Records drawn from a dataset:
-----
-- ===== src/AgentServer/Requests.antt =====
-- crates/tb-daemon/src/agentserver.rs: how often a request for more time is recorded.
use time_bandits.Base.{
  ℕ, ◌+◌, ◌≤◌, ◌≡◌, refl, sym, subst, ◌∙◌, true, false, not, none, some, List, [], ◌∷◌, ◌++◌, Text,
  leb, text_refl, All, arith, if_elim, Bool-cases, Option-cases, inl, inr,
}
use time_bandits.Jiff.{Timestamp}
use time_bandits.Ticker.State.{more_time_requested}
use time_bandits.Store.Tables.{EventRow, as_second, record_event_at}
use time_bandits.Store.Queries.{times_of, latest}
use time_bandits.AgentServer.Receiver.{Shared, is_quiet, record_request}

-- The seconds at which requests of a user were recorded, the oldest first.
abbrev pub requests : Shared → Text → List ℕ
requests shared subject = times_of subject more_time_requested shared.tables.events

-- Each entry is at least ten minutes after every earlier one.
abbrev pub AreSpaced : List ℕ → Type 0
AreSpaced [] = Unit
AreSpaced (t ∷ ts) = All (λ u. t + 600 ≤ u) ts × AreSpaced ts

abbrev pub AllBefore : ℕ → List ℕ → Type 0
AllBefore now ts = All (λ t. t ≤ now) ts

times_of-append :
    (subject : Text) (events : List EventRow) (at : ℕ)
    → times_of subject more_time_requested
        (events ++ record { subject = subject; kind = more_time_requested; at = at } ∷ [])
      ≡ times_of subject more_time_requested events ++ at ∷ []
times_of-append subject [] at = let same = text_refl subject in ground arith
times_of-append subject (e ∷ es) at = let rest = times_of-append subject es at in ground arith

All-later : (P Q : ℕ → Type 0) → ((t : ℕ) → P t → Q t) → (ts : List ℕ) → All P ts → All Q ts
All-later P Q f [] h = tt
All-later P Q f (t ∷ ts) (p, h) = (f t p, All-later P Q f ts h)

All-append : (P : ℕ → Type 0) (ts : List ℕ) (t : ℕ) → All P ts → P t → All P (ts ++ t ∷ [])
All-append P [] t h p = (p, tt)
All-append P (u ∷ us) t (q, h) p = (q, All-append P us t h p)

latest-none : (ts : List ℕ) → latest ts ≡ none → ts ≡ []
unfolding latest
latest-none [] h = refl
latest-none (t ∷ ts) h = ground arith

-- No time is later than the latest.
latest_lem : (ts : List ℕ) (m : ℕ) → latest ts ≡ some m → AllBefore m ts
unfolding latest
latest_lem [] m h = tt
latest_lem (t ∷ ts) m h = elim (Option-cases (latest ts)) [
  | inl e ↦ (ground arith, subst (AllBefore m) (sym (latest-none ts e)) tt)
  | inr (u, e) ↦ (
    ground arith,
    All-later (λ t. t ≤ u) (λ t. t ≤ m) (λ t le. ground arith) ts (latest_lem ts u e),
  )
]

AreSpaced-append :
    (ts : List ℕ) (now : ℕ)
    → AreSpaced ts
    → All (λ t. t + 600 ≤ now) ts
    → AreSpaced (ts ++ now ∷ [])
AreSpaced-append [] now s h = (tt, tt)
AreSpaced-append (t ∷ ts) now (later, s) (p, h) =
    (All-append (λ u. t + 600 ≤ u) ts now later p, AreSpaced-append ts now s h)

latest_among : (P : ℕ → Type 0) (ts : List ℕ) (m : ℕ) → latest ts ≡ some m → All P ts → P m
unfolding latest
latest_among P [] m h a = ground arith
latest_among P (t ∷ ts) m h (p, a) = elim (Option-cases (latest ts)) [
  | inl e ↦ subst P (ground arith) p
  | inr (u, e) ↦ elim (Bool-cases (leb t u)) [
    | inl le ↦ subst P (ground arith) (latest_among P ts u e a)
    | inr gt ↦ subst P (ground arith) p
  ]
]

quiet_at :
    (shared : Shared) (subject : Text) (now : Timestamp) (m : ℕ)
    → shared.readable ≡ true
    → latest (requests shared subject) ≡ some m
    → m ≤ as_second now
    → is_quiet shared subject now ≡ false
    → m + 600 ≤ as_second now
unfolding is_quiet
quiet_at shared subject now m r e le q = ground arith

-- Outside the quiet period the latest request lies ten minutes back.
waited :
    (shared : Shared) (subject : Text) (now : Timestamp)
    → shared.readable ≡ true
    → is_quiet shared subject now ≡ false
    → AllBefore (as_second now) (requests shared subject)
    → All (λ t. t + 600 ≤ as_second now) (requests shared subject)
waited shared subject now r q h = elim (Option-cases (latest (requests shared subject))) [
  | inl e ↦
      subst (All (λ t. t + 600 ≤ as_second now)) (sym (latest-none (requests shared subject) e)) tt
  | inr (m, e) ↦
      let past = latest_among (λ t. t ≤ as_second now) (requests shared subject) m e h in
      let long_ago = quiet_at shared subject now m r e past q in
      All-later (λ t. t ≤ m) (λ t. t + 600 ≤ as_second now) (λ t le. omega arith)
        (requests shared subject) (latest_lem (requests shared subject) m e)
]

abbrev Good : Text → Timestamp → Shared → Type 0
Good subject now shared =
    AreSpaced (requests shared subject) × AllBefore (as_second now) (requests shared subject)

-- If the database can be read, the recorded requests of a user are ten minutes apart and none lies in
-- the future, then the same holds after a further request.
pub record_request-AreSpaced :
    (shared : Shared) (subject : Text) (now : Timestamp)
    → shared.readable ≡ true
    → AreSpaced (requests shared subject)
    → AllBefore (as_second now) (requests shared subject)
    → let after = record_request shared subject now in
      AreSpaced (requests after subject) × AllBefore (as_second now) (requests after subject)
unfolding record_request record_event_at
record_request-AreSpaced shared subject now r s h =
    if_elim (Good subject now) (not shared.lock_held) shared _ (λ _. (s, h))
      (λ held.
        if_elim (Good subject now) (is_quiet shared subject now) shared _ (λ _. (s, h))
          (λ loud.
            if_elim (Good subject now) shared.writable _ shared
              (λ _.
                let appended = times_of-append subject shared.tables.events (as_second now) in
                subst (λ ts. AreSpaced ts × AllBefore (as_second now) ts) (sym appended)
                  (
                    AreSpaced-append (requests shared subject) (as_second now) s
                        (waited shared subject now r loud h),
                    All-append (λ t. t ≤ as_second now) (requests shared subject) (as_second now) h
                        (omega arith),
                  ))
              (λ _. (s, h))))

unfoldable pub request_all : Shared → Text → List Timestamp → Shared
request_all shared subject [] = shared
request_all shared subject (now ∷ rest) =
    request_all (record_request shared subject now) subject rest

-- The clock does not run backwards from a moment on.
abbrev pub RunsFrom : Timestamp → List Timestamp → Type 0
RunsFrom start [] = Unit
RunsFrom start (now ∷ rest) = (start ≤ now) × RunsFrom now rest

record_request-readable :
    (shared : Shared) (subject : Text) (now : Timestamp)
    → (record_request shared subject now).readable ≡ shared.readable
unfolding record_request
record_request-readable shared subject now = ground arith

-- However often a child asks, while the clock does not run backwards and the database can be read:
-- if the recorded requests were ten minutes apart and in the past, those recorded in the end are ten
-- minutes apart too.
pub request_all-AreSpaced :
    (times : List Timestamp) (shared : Shared) (subject : Text) (start : Timestamp)
    → shared.readable ≡ true
    → AreSpaced (requests shared subject)
    → AllBefore (as_second start) (requests shared subject)
    → RunsFrom start times
    → AreSpaced (requests (request_all shared subject times) subject)
unfolding request_all
request_all-AreSpaced [] shared subject start r s h runs = s
request_all-AreSpaced (now ∷ rest) shared subject start r s h (le, runs) =
    let past =
      All-later (λ t. t ≤ as_second start) (λ t. t ≤ as_second now) (λ t before. omega arith)
        (requests shared subject) h in
    let (s', h') = record_request-AreSpaced shared subject now r s past in
    request_all-AreSpaced rest (record_request shared subject now) subject now
      (record_request-readable shared subject now ∙ r) s' h' runs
-----
→ WORK REQUEST
Print, please, the lines above from the very first through the one that holds "AreSpaced (t ∷", both included, word for word and with nothing else.

→ REPLY
-- ===== src/AgentServer/Requests.antt =====
-- crates/tb-daemon/src/agentserver.rs: how often a request for more time is recorded.
use time_bandits.Base.{
  ℕ, ◌+◌, ◌≤◌, ◌≡◌, refl, sym, subst, ◌∙◌, true, false, not, none, some, List, [], ◌∷◌, ◌++◌, Text,
  leb, text_refl, All, arith, if_elim, Bool-cases, Option-cases, inl, inr,
}
use time_bandits.Jiff.{Timestamp}
use time_bandits.Ticker.State.{more_time_requested}
use time_bandits.Store.Tables.{EventRow, as_second, record_event_at}
use time_bandits.Store.Queries.{times_of, latest}
use time_bandits.AgentServer.Receiver.{Shared, is_quiet, record_request}

-- The seconds at which requests of a user were recorded, the oldest first.
abbrev pub requests : Shared → Text → List ℕ
requests shared subject = times_of subject more_time_requested shared.tables.events

-- Each entry is at least ten minutes after every earlier one.
abbrev pub AreSpaced : List ℕ → Type 0
AreSpaced [] = Unit
AreSpaced (t ∷ ts) = All (λ u. t + 600 ≤ u) ts × AreSpaced ts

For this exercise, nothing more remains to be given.